Acessibilidade / Reportar erro

Abstracts

The discovery of gene silencing mechanisms in our own cells using RNA interference is very recent. However, in less than a decade, the scientific investigation have progressed enough to make us see that, very soon, we will use this knowledge for therapeutic purposes. RNA duplexes are potential pharmaceutical drugs and there are high investments in this new strategy. The promising gene therapy seems to finally reach maturity with these new tools.

RNA interference; Gene silencing; Cancer; Gene therapy; Viral infection


A descoberta de que nossas células dispõem de um mecanismo de silenciamento gênico empregando RNA interferência ainda é muito recente. Apesar disso, em menos de uma década a investigação científica já alcançou progresso, suficiente para muito brevemente nos apropriarmos desse conhecimento com fins terapêuticos. Duplexes de RNA são potenciais fármacos e há investimentos altos nessa nova abordagem. Aparentemente, a promessa de terapia gênica parece finalmente atingir sua maturidade com essas novas ferramentas.
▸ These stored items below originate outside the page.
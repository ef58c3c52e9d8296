-- ===== src/Probe/Loopback.antt =====
-- The loopback over a DataMover that works (hw_bringup/ps_uart_probe_dma.c, `run_datamover_loopback`).
use zynq_cpu.Base.{
  ℕ, zero, suc, ◌+◌, ◌*◌, ◌≤◌, ◌<◌, ◌≡◌, ◌⊎◌, inl, inr, refl, ap, ◌∙◌, Store, update, for_range,
  for_range_inv, ◌==◌, true, arith,
}
use native.Mathlib.Decide.{ℕ_discrete}
use zynq_cpu.Bridge.{tx_scratch}
use zynq_cpu.Mailbox.{wait_for_dma}
use zynq_cpu.Probe.Dma.{
  dma_ctrl, dma_ddr_addr, dma_local, rx_scratch, mm2s_done, s2mm_done, mm2s_err, s2mm_err, pattern,
  fill_writes, out_all, count_mismatches, copy_word, after_s2mm, after_mm2s, run_datamover_loopback,
}
use zynq_cpu.Probe.Engine.{
  DataMover, TwoArrays, fill_writes-src, fill_writes-AllBelow, out_all-view, set_up, set_up-kept,
  set_up-clear, set_up-asks,
}

module _ {D : Type 0} (in32 : ℕ → D → ℕ × D) (out32 : ℕ → ℕ → D → D) (view : D → Store)
    (engine : DataMover in32 out32 view) (src dst : ℕ) (apart : TwoArrays src dst) where
  -- The first `n` words at an address are the pattern of the test.
  abbrev Holds : ℕ → ℕ → D → Type 0
  Holds base n d = (k : ℕ) → k < n → view d (base + k * 4) ≡ pattern 0x5A000000 k

  unfoldable filled : D → D
  filled d = out_all in32 out32 (fill_writes 0x5A000000 src dst 0 16) d

  filled-Holds : (d : D) → Holds src 16 (filled d)
  unfolding filled
  filled-Holds d k lt =
      out_all-view in32 out32 view engine (fill_writes 0x5A000000 src dst 0 16) d (view d)
        (src + k * 4) (λ b. refl) (fill_writes-AllBelow 0x5A000000 src dst 0 16 apart (omega arith))
      ∙ fill_writes-src 0x5A000000 src dst 0 16 k (view d) apart (omega arith) (omega arith)
          (omega arith)

  -- The wait after a transfer to the receive memory, from a machine with the pattern in the source.
  module _ (d : D) (source : Holds src 16 d) where
    abbrev asked : D
    asked = set_up in32 out32 view engine src 1 d

    abbrev moved : ℕ × ℕ × D
    moved = wait_for_dma in32 mm2s_done mm2s_err (out32 dma_ctrl 1 asked)

    moved-Holds : (moved.0 ≡ 0) × Holds rx_scratch 16 moved.2 × Holds src 16 moved.2
    moved-Holds =
        let asks = set_up-asks in32 out32 view engine src 1 d in
        let done = engine.mm2s asked (set_up-clear in32 out32 view engine src 1 d) in
        let stays : (k : ℕ) → k < 16 → view asked (src + k * 4) ≡ pattern 0x5A000000 k = λ k lt.
          set_up-kept in32 out32 view engine src 1 (src + k * 4) d (inl (omega arith))
          ∙ source k lt in
        (
          done.0,
          λ k lt.
              let to : rx_scratch + k * 4 ≡ rx_scratch + view asked dma_local + k * 4 =
                omega (arith, asks.1) in
              let from : view asked dma_ddr_addr + k * 4 ≡ src + k * 4 = omega (arith, asks.0) in
              ap (view moved.2) to
              ∙ done.1 k (omega (arith, asks.2))
              ∙ ap (view asked) from
              ∙ stays k lt,
          λ k lt. done.2 (src + k * 4) (omega arith) ∙ stays k lt,
        )

  -- A round of the copy from the receive memory to the transmit memory.
  abbrev Copied : ℕ → D → Type 0
  Copied i d = Holds tx_scratch i d × Holds rx_scratch 16 d × Holds src 16 d

  copy_word-view :
      (i b : ℕ) (d : D)
      → i < 16
      → view (copy_word in32 out32 i d) b
        ≡ update (tx_scratch + i * 4) (view d (rx_scratch + i * 4)) (view d) b
  unfolding copy_word update
  copy_word-view i b d lt =
      let r = in32 (rx_scratch + i * 4) d in
      let read : r.0 ≡ view d (rx_scratch + i * 4) =
        engine.reads (rx_scratch + i * 4) d (omega arith) in
      let kept : view r.1 b ≡ view d b = engine.keeps (rx_scratch + i * 4) b d (omega arith) in
      engine.writes (tx_scratch + i * 4) r.0 b r.1 (omega arith) (omega arith)
      ∙ ground (arith, read, kept)

  copy_word-Copied :
      (i : ℕ) (d : D) → i < 16 → Copied i d → Copied (i + 1) (copy_word in32 out32 i d)
  unfolding update
  copy_word-Copied i d small (sent, received, source) = (
    λ k lt. elim (ℕ_discrete k i) [
      | yes now ↦
          let here : tx_scratch + k * 4 ≡ tx_scratch + i * 4 = omega (arith, now) in
          copy_word-view i (tx_scratch + k * 4) d small
          ∙ ground (arith, here, now, received i small)
      | no before ↦
          copy_word-view i (tx_scratch + k * 4) d small
          ∙ ground (arith, before, sent k (omega arith))
    ],
    λ k lt. copy_word-view i (rx_scratch + k * 4) d small ∙ ground (arith, received k lt),
    λ k lt. copy_word-view i (src + k * 4) d small ∙ ground (arith, apart.0, source k lt),
  )

  for_range-Copied :
      (d : D)
      → Holds rx_scratch 16 d
      → Holds src 16 d
      → Copied 16 (for_range 16 0 (copy_word in32 out32) d)
  for_range-Copied d received source =
      for_range_inv Copied (copy_word in32 out32) 0 16
        (λ i d' low high c. copy_word-Copied i d' high c) 16 0 d (omega arith) (omega arith)
        (λ k lt. absurd (omega arith), received, source)

  -- The wait after a transfer from the transmit memory.
  module _ (d : D) (sent : Holds tx_scratch 16 d) (source : Holds src 16 d) where
    abbrev asked_back : D
    asked_back = set_up in32 out32 view engine dst 2 d

    abbrev moved_back : ℕ × ℕ × D
    moved_back = wait_for_dma in32 s2mm_done s2mm_err (out32 dma_ctrl 2 asked_back)

    moved_back-Holds : (moved_back.0 ≡ 0) × Holds dst 16 moved_back.2 × Holds src 16 moved_back.2
    moved_back-Holds =
        let asks = set_up-asks in32 out32 view engine dst 2 d in
        let done =
          engine.s2mm asked_back (set_up-clear in32 out32 view engine dst 2 d)
            (omega (arith, asks.0, asks.2, apart.1)) in
        let kept : (b : ℕ) → (b < dma_ctrl) ⊎ (dma_ctrl + 0x18 ≤ b) → view asked_back b ≡ view d b =
          λ b. set_up-kept in32 out32 view engine dst 2 b d in
        (
          done.0,
          λ k lt.
              let to : dst + k * 4 ≡ view asked_back dma_ddr_addr + k * 4 = omega (arith, asks.0) in
              let from : tx_scratch + view asked_back dma_local + k * 4 ≡ tx_scratch + k * 4 =
                omega (arith, asks.1) in
              ap (view moved_back.2) to
              ∙ done.1 k (omega (arith, asks.2))
              ∙ ap (view asked_back) from
              ∙ kept (tx_scratch + k * 4) (inr (omega arith))
              ∙ sent k lt,
          λ k lt.
              done.2 (src + k * 4) (omega (arith, apart.0)) (ground (arith, apart, asks.0, asks.2))
              ∙ kept (src + k * 4) (inl (omega (arith, apart.0)))
              ∙ source k lt,
        )

  -- Two arrays with the same words have no mismatch.
  count_mismatches-none :
      (i n : ℕ) (d : D)
      → i + n ≤ 16
      → Holds dst 16 d
      → Holds src 16 d
      → (count_mismatches in32 out32 src dst i n 0 d).0 ≡ 0
  unfolding count_mismatches
  count_mismatches-none i zero d end to from = refl
  count_mismatches-none i (suc n) d end to from =
      let w = in32 (dst + i * 4) d in
      let v = in32 (src + i * 4) w.1 in
      let kept : (b : ℕ) → view v.1 b ≡ view d b = λ b.
        engine.keeps (src + i * 4) b w.1 (omega (arith, apart.0))
        ∙ engine.keeps (dst + i * 4) b d (omega (arith, apart.1)) in
      let value_to : w.0 ≡ pattern 0x5A000000 i =
        engine.reads (dst + i * 4) d (omega (arith, apart.1)) ∙ to i (omega arith) in
      let value_from : v.0 ≡ pattern 0x5A000000 i =
        engine.reads (src + i * 4) w.1 (omega (arith, apart.0))
        ∙ engine.keeps (dst + i * 4) (src + i * 4) d (omega (arith, apart.1))
        ∙ from i (omega arith) in
      let same : (w.0 == v.0) ≡ true = ground (arith, value_to, value_from) in
      let rest =
        count_mismatches-none (i + 1) n v.1 (omega arith) (λ k lt. kept (dst + k * 4) ∙ to k lt)
          (λ k lt. kept (src + k * 4) ∙ from k lt) in
      rw (count_mismatches, same) rest

  after_s2mm-zero :
      (r : ℕ × ℕ × D)
      → (r.0 ≡ 0) × Holds dst 16 r.2 × Holds src 16 r.2
      → (after_s2mm in32 out32 src dst r).0 ≡ 0
  after_s2mm-zero (code, status, d) (ok, to, from) =
      let none = count_mismatches-none 0 16 d (omega arith) to from in rw (ok, none) refl

  after_mm2s-zero :
      (r : ℕ × ℕ × D)
      → (r.0 ≡ 0) × Holds rx_scratch 16 r.2 × Holds src 16 r.2
      → (after_mm2s in32 out32 src dst r).0 ≡ 0
  unfolding out_all
  after_mm2s-zero (code, status, d) (ok, received, source) =
      let c = for_range-Copied d received source in
      let d' = for_range 16 0 (copy_word in32 out32) d in
      let back = moved_back-Holds d' c.0 c.2 in rw ok (after_s2mm-zero (moved_back d' c.0 c.2) back)

  -- With a DataMover that works, and two arrays of 16 words in DDR that do not overlap, the loopback ends
  -- with the code 0.
  pub run_datamover_loopback-works : (d : D) → (run_datamover_loopback in32 out32 src dst d).0 ≡ 0
  unfolding run_datamover_loopback out_all filled
  run_datamover_loopback-works d =
      after_mm2s-zero (moved (filled d) (filled-Holds d)) (moved-Holds (filled d) (filled-Holds d))
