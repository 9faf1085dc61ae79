-- ===== src/Storage/Contents/Read.antt =====
-- What `vtfs_storage_read` returns, alone and after a write.
use vtfs.Base.{
  ℕ, suc, ◌+◌, ◌-◌, ◌≤◌, ◌<◌, min, ◌≡◌, refl, inl, inr, true, false, some, ltb, arith, Bool-cases,
  ltb→lt, if◌then◌else◌, [], ◌∷◌,
}
use vtfs.Base.Int.{pos}
use vtfs.Base.Lists.{length, get_or, mem}
use vtfs.Base.Strings.{Bytes}
use vtfs.Storage.State.{Ptr, Entry, Store, Env, load, update, max_file_size}
use vtfs.Storage.Tree.{IsTree}
use vtfs.Storage.Contents.{slice, vtfs_storage_read, vtfs_storage_write}
use vtfs.Storage.Contents.File.{IsFile, byte_at, IsFresh}
use vtfs.Storage.Contents.Write.{Written, write-Written}

module _ (env : Env) (s : Store) (p : Ptr) (e : Entry) (len offset : ℕ)
    (unlocked : s.locked ≡ false) (f : IsFile s p e) where
  -- the store after a read: only the time of access is new
  abbrev pub accessed : Store
  accessed = record s { entry = update s.entry p (some (record e { atime = env.now })) }

  read_inside :
      offset < e.size
      → vtfs_storage_read env p len offset s
        ≡ some (
          (pos (min len (e.size - offset)), slice (byte_at s e) offset (min len (e.size - offset))),
          accessed,
        )
  unfolding vtfs_storage_read load
  read_inside inside = elim f.backed [
    | inl (null, zero_capacity) ↦ absurd (omega (arith, f.size_le))
    | inr (b, nn, eb, le) ↦ ground (arith, f.live, f.not_null, f.reg, f.size_le, f.capacity_le)
  ]

  read_outside : e.size ≤ offset → vtfs_storage_read env p len offset s ≡ some ((pos 0, []), s)
  unfolding vtfs_storage_read load
  read_outside outside = ground (arith, f.live, f.not_null, f.reg)

  -- A read of a regular file whose memory agrees with its capacity, in a storage that is not
  -- locked: inside the file it returns the bytes from the offset on, as many as asked for or as
  -- there are, with their number, and writes nothing but the time of access; at or behind the end
  -- it returns 0 bytes and changes nothing.
  pub read-slice :
      vtfs_storage_read env p len offset s
      ≡ some (
          if ltb offset e.size
          then (
            (
              pos (min len (e.size - offset)),
              slice (byte_at s e) offset (min len (e.size - offset)),
            ),
            accessed,
          )
          else ((pos 0, []), s))
  read-slice = elim (Bool-cases (ltb offset e.size)) [
    | inl inside ↦ rw inside (read_inside (ltb→lt offset e.size inside))
    | inr outside ↦ rw outside (read_outside (ground arith))
  ]

-- Bytes that agree at each offset are the same list.
pub slice_eq :
    (f : ℕ → ℕ) (i : ℕ) (bytes : Bytes)
    → ((k : ℕ) → k < length bytes → f (i + k) ≡ get_or bytes k 0)
    → slice f i (length bytes) ≡ bytes
slice_eq f i [] h = refl
slice_eq f i (c ∷ bytes) h =
    ground (arith, h 0 (omega arith), slice_eq f (i + 1) bytes (λ k lt. ground (arith, h (suc k))))

module _ (env : Env) (s : Store) (p : Ptr) (e : Entry) (bytes : Bytes) (offset : ℕ) (t : IsTree s)
    (m : mem p s.all_entries ≡ true) (f : IsFile s p e) (fresh : IsFresh env s e)
    (fits : offset + length bytes ≤ max_file_size) (some_bytes : 0 < length bytes) where
  pub read_back :
      (s' : Store) (e' : Entry) (w : Written env s p e bytes offset s' e') (env' : Env)
      → vtfs_storage_read env' p (length bytes) offset s'
        ≡ some (
          (pos (length bytes), bytes),
          accessed env' s' p e' (length bytes) offset w.tree.unlocked w.file,
        )
  read_back s' e' w env' =
      let n = min (length bytes) (e'.size - offset) in
      let n_eq : n ≡ length bytes = omega (arith, w.size) in
      let got : slice (byte_at s' e') offset (length bytes) ≡ bytes =
        slice_eq (byte_at s' e') offset bytes w.new_bytes in
      cc (
        read_inside env' s' p e' (length bytes) offset w.tree.unlocked w.file
            (omega (arith, w.size)),
        n_eq,
        got,
      )

  -- What is written is read back. In a well-formed storage, for a listed regular file whose memory
  -- agrees with its capacity and an allocator that succeeds, after a write of one byte or more that
  -- fits the limit on the size, a read of that length at that offset returns the bytes and their
  -- number, without a fault, in any later environment.
  pub read-write :
      (env' : Env)
      → (s' : Store) × (s'' : Store) × (vtfs_storage_write env p bytes offset s
          ≡ some (pos (length bytes), s'))
        × (vtfs_storage_read env' p (length bytes) offset s'
            ≡ some ((pos (length bytes), bytes), s''))
  read-write env' =
      let (s', e', run, w, sent) = write-Written env s p e bytes offset t m f fresh fits in
      (
        s',
        accessed env' s' p e' (length bytes) offset w.tree.unlocked w.file,
        run,
        read_back s' e' w env',
      )
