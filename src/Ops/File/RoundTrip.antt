-- ===== src/Ops/File/RoundTrip.antt =====
-- A read through the VFS after a write through the VFS, without a server.
use vtfs.Base.{ℕ, ◌+◌, ◌≤◌, ◌<◌, max, ◌≡◌, Bool, true, false, if◌then◌else◌}
use vtfs.Base.Lists.{length, mem}
use vtfs.Base.Strings.{Bytes}
use vtfs.Storage.State.{Ptr, Entry, Store, Env, max_file_size, use_remote_server}
use vtfs.Storage.Tree.{IsTree}
use vtfs.Storage.Search.First.{first, has_ino}
use vtfs.Storage.Contents.File.{IsFile, IsFresh}
use vtfs.Ops.File.{Buffers, FileInode}

-- Buffers that the kernel gives and that can be copied.
abbrev pub fine : Buffers
fine = record { has_memory = true; copied = true }

module _ (env : Env) (s : Store) (p : Ptr) (e : Entry) (inode : FileInode) (bytes : Bytes)
    (offset : ℕ) (append : Bool) (t : IsTree s) (m : mem p s.all_entries ≡ true) (f : IsFile s p e)
    (found : first (has_ino s inode.ino) s.all_entries ≡ p) (fresh : IsFresh env s e)
    (limit : offset + length bytes ≤ max_file_size)
    (fits : (if append then e.size else offset) + length bytes ≤ max_file_size)
    (some_bytes : 0 < length bytes) (alone : use_remote_server env ≡ false) where
  -- where the bytes go
  abbrev start : ℕ
  start = if append then e.size else offset

  -- the kernel's inode when the write returns
  abbrev pub after_write : FileInode
  after_write = record inode {
    size = max e.size (start + length bytes);
    mtime = env.now;
    ctime = env.now;
  }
RNA interferência; Silenciamento gênico; Câncer; Terapia gênica; Infecção viral


The new great promise in drug innovation: RNA interference from the laboratory to the clinic

Carlos Frederico Martins Menck

ABSTRACT

The discovery of gene silencing mechanisms in our own cells using Rna interference is very recent. However, in less than a decade scientific investigation has progressed enough to make us see that, very soon, we will use this knowledge for therapeutic purposes. RNA duplexes are potential pharmaceutical drugs and there are high investments in this new strategy. The promising gene therapy seems to finally reach maturity with these new tools.

Keywords: RNA interference, Gene silencing, Cancer, Gene therapy, Viral infection.

Introduction

The RNA molecule has been recently identified as a possible drug capable of revolutionizing the way we provide treatment for a large number of human diseases. The biological activities of these molecules, which are generally used in the form of double-stranded RNA, were discovered in the 1990s through the identification of mechanisms of RNA interference and are based on the ability of these molecules to reduce (interfere with) the expression of certain target genes. The therapeutic potential of double-stranded RNA is enormous, particularly in genetic processes that require inhibition of gene products. Among the target diseases are therapies for tumors and infectious agents, especially viruses, but several other human diseases will also be controlled by the action of these molecules. The relatively large size of RNA molecules, especially compared to some chemical drugs, can be one of the problems to be faced by research on the topic, but what draws attention is the ease with which these molecules can be designed, depending solely on the sequence of the target gene basis. Several clinical protocols have been tested in humans in recent years, with promising results. It is possible that soon this type of drug will be found in pharmacies: it pays to know why!

RNA is not just a mere DNA messenger

In the 1980s the scientific community was stunned by the revelation that RNA molecules have catalytic properties, like enzymes. Thus, these molecules were named ribozymes and demonstrated that RNA can perform functions that far exceed those of simple messenger for protein synthesis. But that was only the beginning. In the 1990s, results with transgenic plants began to generate completely unexpected data: plants that over-expressed pigment production genes (and therefore should produce more pigmented, i.e., dark purple flowers) produced white flowers, due to the absence of pigment synthesis! In this case, what occurred was the unexpected silencing of the transgene and endogenous gene of these flowers' cells.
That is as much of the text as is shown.